── DATA

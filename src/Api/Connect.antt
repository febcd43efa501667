-- ===== src/Api/Connect.antt =====
-- api/websocket/connect.go, api/events/event_bus.go and the routes of api/jsonrpc/jsonrpc-api.go: the end
-- point for JSON-RPC, and the events that its clients get. The bus of events and the tunnels are a
-- library's: a tunnel is a number, and the bus is an interface.
pub mod Laws
mod Tests
use che_machine_exec.Common.{
  ℕ, ◌≡◌, ◌≢◌, Text, codes, text_eq, is_empty, Bool, true, false, not, Option, none, some, List, [],
  ◌∷◌, ◌++◌, ok, err, if◌then◌else◌,
}
use che_machine_exec.Api.Auth.{HttpError, AuthConfig, Headers, token_of}
use che_machine_exec.Api.Origin.{OriginRequest}
use che_machine_exec.Api.Attach.{Upgrader, upgrade}
use che_machine_exec.Terminal.Pty.{ExecEvent, exec_exit, exec_error}

-- `event.Bus`: subscribing a consumer to events of several types, and the consumers that are called for an
-- event of a type, in order. The laws are what its documentation says.
pub record Bus (B : Type 0) : Type 0 where
  pub empty : B
  pub sub_any : B → ℕ → List Text → B
  pub consumers : B → Text → List ℕ
  pub consumers_of_empty : (type : Text) → consumers empty type ≡ []
  pub consumers_of_first :
      (bus : B) (consumer : ℕ) (one other : Text)
      → one ≢ other
      → consumers (sub_any bus consumer (one ∷ other ∷ [])) one ≡ consumers bus one ++ consumer ∷ []
  pub consumers_of_second :
      (bus : B) (consumer : ℕ) (one other : Text)
      → one ≢ other
      → consumers (sub_any bus consumer (one ∷ other ∷ [])) other
        ≡ consumers bus other ++ consumer ∷ []

abbrev pub on_exec_exit : Text
on_exec_exit = codes "onExecExit"

abbrev pub on_exec_error : Text
on_exec_error = codes "onExecError"

-- `Type` of an event.
unfoldable pub event_type : ExecEvent → Text
event_type (exec_exit id) = on_exec_exit
event_type (exec_error id stack) = on_exec_error

-- A notification for the client of a tunnel: its method and its parameters.
pub record Notification : Type 0 where
  pub tunnel : ℕ
  pub method : Text
  pub params : ExecEvent

-- `Accept` of the consumer of a tunnel.
unfoldable pub accept : (ℕ → Bool) → ℕ → ExecEvent → List Notification
unfolding event_type
accept is_closed tunnel event =
    if not (is_closed tunnel)
    then record { tunnel = tunnel; method = event_type event; params = event } ∷ []
    else []

-- What a request leads to: a tunnel, with its attribute for the token.
pub data Connected : Type 0 where
  refused : HttpError → Connected
  not_upgraded : Connected
  connects : Option Text → Connected

pub record ConnectRequest : Type 0 where
  pub headers : Headers
  pub source : OriginRequest
  pub is_upgrade : Bool

unfoldable pub attribute_of : Text → Option Text
unfolding is_empty
attribute_of token = if is_empty token then none else some token

unfoldable pub do_connect : Upgrader → ConnectRequest → Text → Connected
unfolding upgrade attribute_of
do_connect u r token =
    if not (upgrade u r.source r.is_upgrade) then not_upgraded else connects (attribute_of token)

unfoldable pub handle_connect : AuthConfig → Upgrader → ConnectRequest → Connected
unfolding token_of do_connect
handle_connect c u r = elim (token_of c r.headers) [
  | err e ↦ refused e
  | ok token ↦ do_connect u r token
]

-- The bus behind the end point: a new tunnel is subscribed.
unfoldable pub subscribe : {B : Type 0} → Bus B → Connected → ℕ → B → B
subscribe bus (refused e) tunnel b = b
subscribe bus not_upgraded tunnel b = b
subscribe bus (connects attribute) tunnel b =
    bus.sub_any b tunnel (on_exec_error ∷ on_exec_exit ∷ [])

-- `RPCRoutes`: the methods and their handlers.
pub data RpcMethod : Type 0 where
  create_method : RpcMethod
  check_method : RpcMethod
  resize_method : RpcMethod
  list_containers_method : RpcMethod

unfoldable pub rpc_routes : List (Text × RpcMethod)
rpc_routes =
    (codes "create", create_method)
    ∷ (codes "check", check_method)
    ∷ (codes "resize", resize_method)
    ∷ (codes "listContainers", list_containers_method)
    ∷ []
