-- ===== src/Validation.antt =====
-- api/validation/input_validator.go: the check of user input against shell metacharacters.
use che_machine_exec.Common.{
  ℕ, Text, codes, is_empty, contains, Bool, true, false, List, [], ◌∷◌, Option, none, some,
  if◌then◌else◌,
}
pub mod Laws
mod Tests

-- `fmt.Errorf("%s contains forbidden character %q", fieldName, char)`.
pub data Forbidden : Type 0 where
  forbidden : Text → Text → Forbidden

abbrev pub dangerous_chars : List Text
dangerous_chars =
    codes "$"
    ∷ codes "`"
    ∷ codes ";"
    ∷ codes "|"
    ∷ codes "&"
    ∷ codes ">"
    ∷ codes "<"
    ∷ codes "\n"
    ∷ codes "\r"
    ∷ codes "\""
    ∷ codes "'"
    ∷ codes "\\"
    ∷ codes "!"
    ∷ codes "*"
    ∷ codes "?"
    ∷ codes "["
    ∷ codes "]"
    ∷ codes "{"
    ∷ codes "}"
    ∷ codes "("
    ∷ codes ")"
    ∷ []

-- The loop over the characters, with its early return.
unfoldable pub check_chars : List Text → Text → Text → Option Forbidden
check_chars [] value field_name = none
check_chars (char ∷ chars) value field_name =
    if contains value char
    then some (forbidden field_name char)
    else check_chars chars value field_name

-- `none` is the `nil` error.
unfoldable pub validate_no_shell_metacharacters : Text → Text → Option Forbidden
unfolding is_empty check_chars contains
validate_no_shell_metacharacters value field_name =
    if is_empty value then none else check_chars dangerous_chars value field_name
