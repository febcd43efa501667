-- ===== src/Api/Rpc.antt =====
-- api/jsonrpc/handlers.go: the handlers over the exec manager. What they send is a list of replies; the
-- manager's API is made from the token.
pub mod Laws
use che_machine_exec.Common.{
  ℕ, ◌-◌, ◌^◌, Text, codes, is_empty, Bool, true, false, not, ◌&&◌, Option, none, some, List, [],
  ◌∷◌, Result, ok, err, if◌then◌else◌, ◌==◌,
}
use che_machine_exec.Validation.{Forbidden, validate_no_shell_metacharacters}
use che_machine_exec.Filter.{ContainerInfo}
use che_machine_exec.Exec.Resolver.{MachineExec}
use che_machine_exec.Exec.Manager.{
  Execs, Api, ExecError, create, check, resize, list_available_containers,
}

pub data RpcError : Type 0 where
  bad_argument : Forbidden → RpcError
  no_token : RpcError
  exec_failed : ExecError → RpcError
  not_initialized : RpcError

-- A reply of the transmitter. An ID is the 64 bits of the `int`.
pub data Reply : Type 0 where
  sends_error : RpcError → Reply
  sends_id : ℕ → Reply
  sends_containers : List ContainerInfo → Reply

-- -1.
abbrev pub minus_one : ℕ
minus_one = 2 ^ 64 - 1

-- `setToken`, for a connection's attribute: the token, which is empty when authentication is off.
unfoldable pub set_token : Bool → Option Text → Result RpcError Text
unfolding is_empty
set_token false attribute = ok []
set_token true none = err no_token
set_token true (some token) = if is_empty token then err no_token else ok token

-- The replies, the manager's state, and how many health watchers were started.
pub record Outcome : Type 0 where
  pub replies : List Reply
  pub execs : Execs
  pub watchers : ℕ

abbrev pub refuse : RpcError → Execs → Outcome
refuse e st = record { replies = sends_error e ∷ []; execs = st; watchers = 0 }

-- Behind `Create`: the watcher is started on every branch.
unfoldable pub after_create : Result ExecError (MachineExec × Execs) → Execs → Outcome
after_create (err e) st = record {
  replies = sends_error (exec_failed e) ∷ [];
  execs = st;
  watchers = 1;
}
after_create (ok r) st =
    if r.0.id == minus_one
    then record { replies = sends_error not_initialized ∷ []; execs = r.1; watchers = 1 }
    else record { replies = sends_id r.0.id ∷ []; execs = r.1; watchers = 1 }

unfoldable pub json_rpc_create_exec :
    Bool → (Text → Api) → Option Text → MachineExec → Execs → Outcome
unfolding set_token after_create create validate_no_shell_metacharacters
json_rpc_create_exec auth api attribute e st =
    elim (validate_no_shell_metacharacters e.cwd (codes "cwd")) [
      | some f ↦ refuse (bad_argument f) st
      | none ↦ elim (set_token auth attribute) [
        | err x ↦ refuse x st
        | ok token ↦ after_create (create (api token) e st) st
      ]
    ]

-- The handler goes on behind the error.
unfoldable pub json_rpc_check_exec : ℕ → Execs → List Reply
unfolding check
json_rpc_check_exec id st = elim (check id st) [
  | err e ↦ sends_error (exec_failed e) ∷ sends_id minus_one ∷ []
  | ok found ↦ sends_id found ∷ []
]

-- The result of a resize: the new state, or `none` while it waits.
unfoldable pub json_rpc_resize_exec : ℕ → ℕ → ℕ → Execs → Result RpcError (Option Execs)
unfolding resize
json_rpc_resize_exec id cols rows st = elim (resize id cols rows st) [
  | err e ↦ err (exec_failed e)
  | ok after ↦ ok after
]

-- This one goes on behind the error, too.
unfoldable pub json_rpc_list_containers_exec : Bool → (Text → Api) → Option Text → List Reply
unfolding set_token list_available_containers
json_rpc_list_containers_exec auth api attribute = elim (set_token auth attribute) [
  | err x ↦ sends_error x ∷ []
  | ok token ↦ elim (list_available_containers (api token)) [
    | err e ↦ sends_error (exec_failed e) ∷ sends_containers [] ∷ []
    | ok infos ↦ sends_containers infos ∷ []
  ]
]
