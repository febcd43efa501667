-- ===== src/Api/Connect/Laws.antt =====
-- Whose token a connection carries, and which clients are told of the end of an exec.
use che_machine_exec.Common.{
  ℕ, ◌≡◌, ◌≢◌, refl, sym, ap, ◌∙◌, inl, inr, Text, is_empty, Bool, true, false, Option, List, [],
  ◌∷◌, ◌++◌, ok, if◌then◌else◌, Bool-cases, Result-cases,
}
use che_machine_exec.Api.Auth.{AuthConfig, token_of}
use che_machine_exec.Api.Auth.Laws.{IsAuthorized, token_of-IsAuthorized}
use che_machine_exec.Api.Attach.{Upgrader, upgrade}
use che_machine_exec.Api.Attach.Laws.{IsFromAllowed, upgrade-IsFromAllowed}
use che_machine_exec.Api.Rpc.{set_token}
use che_machine_exec.Terminal.Pty.{ExecEvent, exec_exit, exec_error}
use che_machine_exec.Api.Connect.{
  Bus, on_exec_exit, on_exec_error, event_type, Notification, accept, Connected, refused,
  not_upgraded, connects, ConnectRequest, attribute_of, do_connect, handle_connect, subscribe,
}

do_connect-connects :
    (u : Upgrader) (r : ConnectRequest) (token : Text) (attribute : Option Text)
    → do_connect u r token ≡ connects attribute
    → (upgrade u r.source r.is_upgrade ≡ true) × (attribute_of token ≡ attribute)
unfolding do_connect
do_connect-connects u r token attribute h = elim (Bool-cases (upgrade u r.source r.is_upgrade)) [
  | inr e ↦ absurd (cc (rw (e, do_connect) at h))
  | inl e ↦
      let same : connects (attribute_of token) ≡ connects attribute = rw (e, do_connect) at h in
      (e, cc same)
]

-- The token that the attribute gives back is the one that was put there.
set_token-attribute :
    (auth : Bool) (token used : Text)
    → (auth ≡ false → token ≡ [])
    → set_token auth (attribute_of token) ≡ ok used
    → token ≡ used
unfolding set_token attribute_of
set_token-attribute false token used off h = let same : [] ≡ used = cc h in off refl ∙ same
set_token-attribute true token used off h = elim (Bool-cases (is_empty token)) [
  | inl e ↦ absurd (cc (rw (e, set_token, attribute_of) at h))
  | inr e ↦ let same : ok token ≡ ok used = rw (e, set_token, attribute_of, e) at h in cc same
]

token_of-off :
    (c : AuthConfig) (headers : Text → Text) (token : Text)
    → token_of c headers ≡ ok token
    → c.use_bearer_token ≡ false
    → token ≡ []
unfolding token_of
token_of-off c headers token h off =
    let same : ok [] ≡ ok token = rw (off, token_of) at h in sym (cc same)

-- A connection for JSON-RPC is made only for an authorized request from an allowed origin; and when a
-- handler then takes a token from the connection, it is the one that the request was authorized with.
pub handle_connect_token :
    (c : AuthConfig) (u : Upgrader) (r : ConnectRequest) (attribute : Option Text)
    → handle_connect c u r ≡ connects attribute
    → IsFromAllowed u r.source
      × ((token : Text) × (token_of c r.headers ≡ ok token)
          × IsAuthorized c token
          × ((used : Text) → set_token c.use_bearer_token attribute ≡ ok used → token ≡ used))
unfolding handle_connect
handle_connect_token c u r attribute h = elim (Result-cases (token_of c r.headers)) [
  | inl (e, k) ↦ absurd (cc (rw (k, handle_connect) at h))
  | inr (token, k) ↦
      let (upgraded, same) =
        do_connect-connects u r token attribute (rw (k, handle_connect) at h) in
      (
        upgrade-IsFromAllowed u r.source r.is_upgrade upgraded,
        (
          token,
          k,
          token_of-IsAuthorized c r.headers token k,
          λ used taken.
              set_token-attribute c.use_bearer_token token used (token_of-off c r.headers token k)
                (ap (set_token c.use_bearer_token) same ∙ taken),
        ),
      )
]

-- The tunnels of the requests that were connected, in order.
abbrev pub tunnels_of : List (Connected × ℕ) → List ℕ
tunnels_of [] = []
tunnels_of ((refused e, tunnel) ∷ outcomes) = tunnels_of outcomes
tunnels_of ((not_upgraded, tunnel) ∷ outcomes) = tunnels_of outcomes
tunnels_of ((connects attribute, tunnel) ∷ outcomes) = tunnel ∷ tunnels_of outcomes

-- The notifications for an event, by the tunnels whose consumers are called.
abbrev pub notified : (ℕ → Bool) → ExecEvent → List ℕ → List Notification
notified is_closed event [] = []
notified is_closed event (tunnel ∷ tunnels) =
    accept is_closed tunnel event ++ notified is_closed event tunnels

-- One notification for each tunnel that is open.
abbrev pub for_open : (ℕ → Bool) → ExecEvent → List ℕ → List Notification
for_open is_closed event [] = []
for_open is_closed event (tunnel ∷ tunnels) =
    if is_closed tunnel
    then for_open is_closed event tunnels
    else record { tunnel = tunnel; method = event_type event; params = event }
      ∷ for_open is_closed event tunnels

notified_lem :
    (is_closed : ℕ → Bool) (event : ExecEvent) (tunnels : List ℕ)
    → notified is_closed event tunnels ≡ for_open is_closed event tunnels
unfolding accept
notified_lem is_closed event [] = refl
notified_lem is_closed event (tunnel ∷ tunnels) = elim (Bool-cases (is_closed tunnel)) [
  | inl e ↦ rw (e, accept) (notified_lem is_closed event tunnels)
  | inr e ↦ rw (e, accept, notified_lem is_closed event tunnels) refl
]

module _ {B : Type 0} (bus : Bus B) where
  abbrev pub subscribed : List (Connected × ℕ) → B → B
  subscribed [] b = b
  subscribed ((outcome, tunnel) ∷ outcomes) b = subscribed outcomes (subscribe bus outcome tunnel b)

  types_differ : on_exec_error ≢ on_exec_exit
  types_differ h = absurd (cc h)

  consumers_of_new :
      (event : ExecEvent) (attribute : Option Text) (tunnel : ℕ) (b : B)
      → bus.consumers (subscribe bus (connects attribute) tunnel b) (event_type event)
        ≡ bus.consumers b (event_type event) ++ tunnel ∷ []
  unfolding subscribe event_type
  consumers_of_new (exec_exit id) attribute tunnel b =
      bus.consumers_of_second b tunnel on_exec_error on_exec_exit types_differ
  consumers_of_new (exec_error id stack) attribute tunnel b =
      bus.consumers_of_first b tunnel on_exec_error on_exec_exit types_differ

  append_assoc : (xs ys zs : List ℕ) → (xs ++ ys) ++ zs ≡ xs ++ (ys ++ zs)
  append_assoc [] ys zs = refl
  append_assoc (x ∷ xs) ys zs = ap (λ l. x ∷ l) (append_assoc xs ys zs)

  append_nothing : (xs : List ℕ) → xs ++ [] ≡ xs
  append_nothing [] = refl
  append_nothing (x ∷ xs) = ap (λ l. x ∷ l) (append_nothing xs)

  consumers_of_subscribed :
      (event : ExecEvent) (outcomes : List (Connected × ℕ)) (b : B)
      → bus.consumers (subscribed outcomes b) (event_type event)
        ≡ bus.consumers b (event_type event) ++ tunnels_of outcomes
  unfolding subscribe
  consumers_of_subscribed event [] b = sym (append_nothing _)
  consumers_of_subscribed event ((refused e, tunnel) ∷ outcomes) b =
      consumers_of_subscribed event outcomes b
  consumers_of_subscribed event ((not_upgraded, tunnel) ∷ outcomes) b =
      consumers_of_subscribed event outcomes b
  consumers_of_subscribed event ((connects attribute, tunnel) ∷ outcomes) b =
      consumers_of_subscribed event outcomes (subscribe bus (connects attribute) tunnel b)
      ∙ ap (λ l. l ++ tunnels_of outcomes) (consumers_of_new event attribute tunnel b)
      ∙ append_assoc (bus.consumers b (event_type event)) (tunnel ∷ []) (tunnels_of outcomes)

  -- After any requests to the end point, an event about an exec is sent once to each tunnel that was connected
  -- and is not closed, in the order of the connections, under the method of its type, and to no other.
  pub event_for_open :
      (is_closed : ℕ → Bool) (event : ExecEvent) (outcomes : List (Connected × ℕ))
      → notified is_closed event (bus.consumers (subscribed outcomes bus.empty) (event_type event))
        ≡ for_open is_closed event (tunnels_of outcomes)
  event_for_open is_closed event outcomes =
      ap (notified is_closed event) (
        consumers_of_subscribed event outcomes bus.empty
        ∙ ap (λ l. l ++ tunnels_of outcomes) (bus.consumers_of_empty (event_type event)))
      ∙ notified_lem is_closed event (tunnels_of outcomes)
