-- ===== src/Api/Connect/Tests.antt =====
-- A bus that is a function, and a connection from an allowed origin.
use che_machine_exec.Common.{
  ℕ, ◌≡◌, ◌≢◌, refl, sym, ap, ◌∙◌, Text, codes, text_eq, text_eq_iff, true, none, some, List, [],
  ◌∷◌, ◌++◌, ok, err, if◌then◌else◌, Bool-cases, inl, inr, ◌==◌,
}
use che_machine_exec.Api.Auth.{AuthConfig, token_of}
use che_machine_exec.Api.Auth.Laws.{IsAuthorized}
use che_machine_exec.Api.Attach.{Upgrader}
use che_machine_exec.Api.Attach.Laws.{IsFromAllowed}
use che_machine_exec.Api.Rpc.{set_token}
use che_machine_exec.Terminal.Pty.{exec_exit}
use che_machine_exec.Api.Connect.{
  Bus, event_type, Connected, not_upgraded, connects, ConnectRequest, handle_connect,
}
use che_machine_exec.Api.Connect.Laws.{
  tunnels_of, notified, for_open, subscribed, handle_connect_token, event_for_open,
}

-- For each type, the consumers.
abbrev Table : Type 0
Table = Text → List ℕ

abbrev add : Table → ℕ → Text → Table
add bus consumer type t = if text_eq type t then bus t ++ consumer ∷ [] else bus t

abbrev add_all : Table → ℕ → List Text → Table
add_all bus consumer [] = bus
add_all bus consumer (type ∷ types) = add_all (add bus consumer type) consumer types

add_same : (bus : Table) (consumer : ℕ) (t : Text) → add bus consumer t t ≡ bus t ++ consumer ∷ []
add_same bus consumer t = rw ((text_eq_iff t t).1 refl) refl

add_other :
    (bus : Table) (consumer : ℕ) (type t : Text) → type ≢ t → add bus consumer type t ≡ bus t
add_other bus consumer type t h = elim (Bool-cases (text_eq type t)) [
  | inl e ↦ absurd (h ((text_eq_iff type t).0 e))
  | inr e ↦ rw e refl
]

abbrev table_bus : Bus Table
table_bus = record {
  empty = λ t. [];
  sub_any = add_all;
  consumers = λ bus t. bus t;
  consumers_of_empty = λ t. refl;
  consumers_of_first = λ bus c one other h.
      add_other (add bus c one) c other one (λ e. h (sym e)) ∙ add_same bus c one;
  consumers_of_second = λ bus c one other h.
      add_same (add bus c one) c other ∙ ap (λ l. l ++ c ∷ []) (add_other bus c one other h);
}

abbrev config : AuthConfig
config = record {
  use_bearer_token = true;
  authenticated_user_id = codes "owner";
  get_current_user_id =
      λ token. if text_eq token (codes "t") then ok (codes "owner") else err (codes "no user");
}

abbrev upgrader : Upgrader
upgrader = record {
  folding = record { to_lower = λ s. s; equal_fold = λ a b. text_eq a b };
  parse_url = λ url.
      if text_eq url (codes "https://ide.example.com")
      then some (codes "ide.example.com")
      else none;
  allowed_origins = codes "ide.example.com" ∷ [];
  atoi = λ s. none;
}

abbrev request : ConnectRequest
request = record {
  headers = λ name. if text_eq name (codes "X-Access-Token") then codes "Bearer t" else [];
  source = record { origin = codes "https://ide.example.com"; host = codes "10.0.0.1:4444" };
  is_upgrade = true;
}

handle_connect_token_example :
    IsFromAllowed upgrader request.source
    × ((token : Text) × (token_of config request.headers ≡ ok token)
        × IsAuthorized config token
        × ((used : Text) → set_token true (some (codes "t")) ≡ ok used → token ≡ used))
unfolding handle_connect text_eq
handle_connect_token_example = handle_connect_token config upgrader request (some (codes "t")) refl

abbrev outcomes : List (Connected × ℕ)
outcomes =
    (connects (some (codes "t")), 1)
    ∷ (not_upgraded, 2)
    ∷ (connects none, 3)
    ∷ (connects none, 4)
    ∷ []

event_for_open_example :
    notified
      (λ t. t == 3)
      (exec_exit 7)
      (table_bus.consumers
        (subscribed table_bus outcomes table_bus.empty)
        (event_type (exec_exit 7)))
    ≡ for_open (λ t. t == 3) (exec_exit 7) (tunnels_of outcomes)
event_for_open_example = event_for_open table_bus (λ t. t == 3) (exec_exit 7) outcomes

────

Please filter the entries above down to the lines holding "made" and copy them.

**EXERCISE SOLUTION**
-- manager's API is made from the token.
-- A connection for JSON-RPC is made only for an authorized request from an allowed origin; and when a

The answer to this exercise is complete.